### Your assignment
The output is the line holding "set_max s m" and all lines after it to the end of the records below; restate them unchanged and add nothing.
Top of Material shown
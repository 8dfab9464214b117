-- ===== src/Rules/Compile.antt =====
-- `Compile`, `parseAction` and `compileMatch` of internal/rules/compile.go.
use cardingest.Base.{ℕ, ◌+◌, true, false, List, [], ◌∷◌, ◌++◌, map, Option, none, some}
use cardingest.Base.{Outcome, ok, err, wrap, ◌>>=◌, ◌==◌, list_eq, nat_eq, if◌then◌else◌}
use cardingest.Base.Int.{pos}
use cardingest.Base.Strings.{Text, codes, to_lower, trim_space}
use cardingest.Config.{Rule, RuleMatch}
use cardingest.Rules.{Glob, Action, keep, skip, Matcher, CompiledRule, Engine, keep_all, engine}
use cardingest.Rules.Size.{Float, SizeError, parse_size}

pub data Cause : Type 0 where
  unknown_action : Text → Cause
  invalid_path_glob : Text → Cause
  size_error : SizeError → Cause

-- The position of the refused entry, with its name where it is not a default entry.
pub data RuleError : Type 0 where
  in_default : ℕ → Cause → RuleError
  in_rule : ℕ → Text → Cause → RuleError

unfoldable pub parse_action : Text → Outcome Cause Action
unfolding list_eq nat_eq
parse_action s =
    let word = to_lower (trim_space s) in
    if word == codes "keep"
    then ok keep
    else if word == codes "skip"
    then ok skip
    else err (unknown_action s)

abbrev pub match_all : Matcher
match_all = record {
  exts = [];
  glob = [];
  max_size = pos 0;
  has_max = false;
  min_size = pos 0;
  has_min = false;
}

module _ (G : Glob) (N : Float) where
  set_glob : Text → Matcher → Outcome Cause Matcher
  set_glob g m =
      if g == []
      then ok m
      else if G.validate g
      then ok (record m { glob = g })
      else err (invalid_path_glob g)

  set_max : Text → Matcher → Outcome Cause Matcher
  set_max s m =
      if s == []
      then ok m
      else do n ← wrap size_error (parse_size N s); ok (record m { max_size = n; has_max = true })

  set_min : Text → Matcher → Outcome Cause Matcher
  set_min s m =
      if s == []
      then ok m
      else do n ← wrap size_error (parse_size N s); ok (record m { min_size = n; has_min = true })

  unfoldable pub compile_match : Option RuleMatch → Outcome Cause Matcher
  unfolding set_glob set_max set_min
  compile_match none = ok match_all
  compile_match (some rm) = do
    let exts : List Text = map (λ e. to_lower (trim_space e)) rm.ext
    m ← set_glob rm.path_glob (record match_all { exts = exts })
    m ← set_max rm.max_size m
    set_min rm.min_size m

  -- An entry with an action: its compiled rule.
  unfoldable pub compile_rule : Rule → Outcome Cause CompiledRule
  compile_rule r = do
    act ← parse_action r.action
    m ← compile_match r.match
    ok (record { match = m; action = act })

  -- The loop, from entry i on, over the engine built so far.
  unfoldable pub compile_from :
      ℕ → List CompiledRule → Action → List Rule → Outcome RuleError Engine
  compile_from i rules act [] = ok (engine rules act)
  compile_from i rules act (r ∷ rest) =
      let as_rule =
        wrap (in_rule i r.name) (compile_rule r)
        >>= (λ c. compile_from (i + 1) (rules ++ c ∷ []) act rest) in
      let as_default =
        wrap (in_default i) (parse_action r.default) >>= (λ a. compile_from (i + 1) rules a rest) in
      if r.default == [] then as_rule else as_default

  unfoldable pub compile : List Rule → Outcome RuleError Engine
  unfolding compile_from
  compile [] = ok keep_all
  compile (r ∷ rest) = compile_from 0 [] skip (r ∷ rest)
Bottom of Material shown
### Exercise answer
  set_max s m =
      if s == []
      then ok m
      else do n ← wrap size_error (parse_size N s); ok (record m { max_size = n; has_max = true })

  set_min : Text → Matcher → Outcome Cause Matcher
  set_min s m =
      if s == []
      then ok m
      else do n ← wrap size_error (parse_size N s); ok (record m { min_size = n; has_min = true })

  unfoldable pub compile_match : Option RuleMatch → Outcome Cause Matcher
  unfolding set_glob set_max set_min
  compile_match none = ok match_all
  compile_match (some rm) = do
    let exts : List Text = map (λ e. to_lower (trim_space e)) rm.ext
    m ← set_glob rm.path_glob (record match_all { exts = exts })
    m ← set_max rm.max_size m
    set_min rm.min_size m

  -- An entry with an action: its compiled rule.
  unfoldable pub compile_rule : Rule → Outcome Cause CompiledRule
  compile_rule r = do
    act ← parse_action r.action
    m ← compile_match r.match
    ok (record { match = m; action = act })

  -- The loop, from entry i on, over the engine built so far.
  unfoldable pub compile_from :
      ℕ → List CompiledRule → Action → List Rule → Outcome RuleError Engine
  compile_from i rules act [] = ok (engine rules act)
  compile_from i rules act (r ∷ rest) =
      let as_rule =
        wrap (in_rule i r.name) (compile_rule r)
        >>= (λ c. compile_from (i + 1) (rules ++ c ∷ []) act rest) in
      let as_default =
        wrap (in_default i) (parse_action r.default) >>= (λ a. compile_from (i + 1) rules a rest) in
      if r.default == [] then as_rule else as_default

  unfoldable pub compile : List Rule → Outcome RuleError Engine
  unfolding compile_from
  compile [] = ok keep_all
  compile (r ∷ rest) = compile_from 0 [] skip (r ∷ rest)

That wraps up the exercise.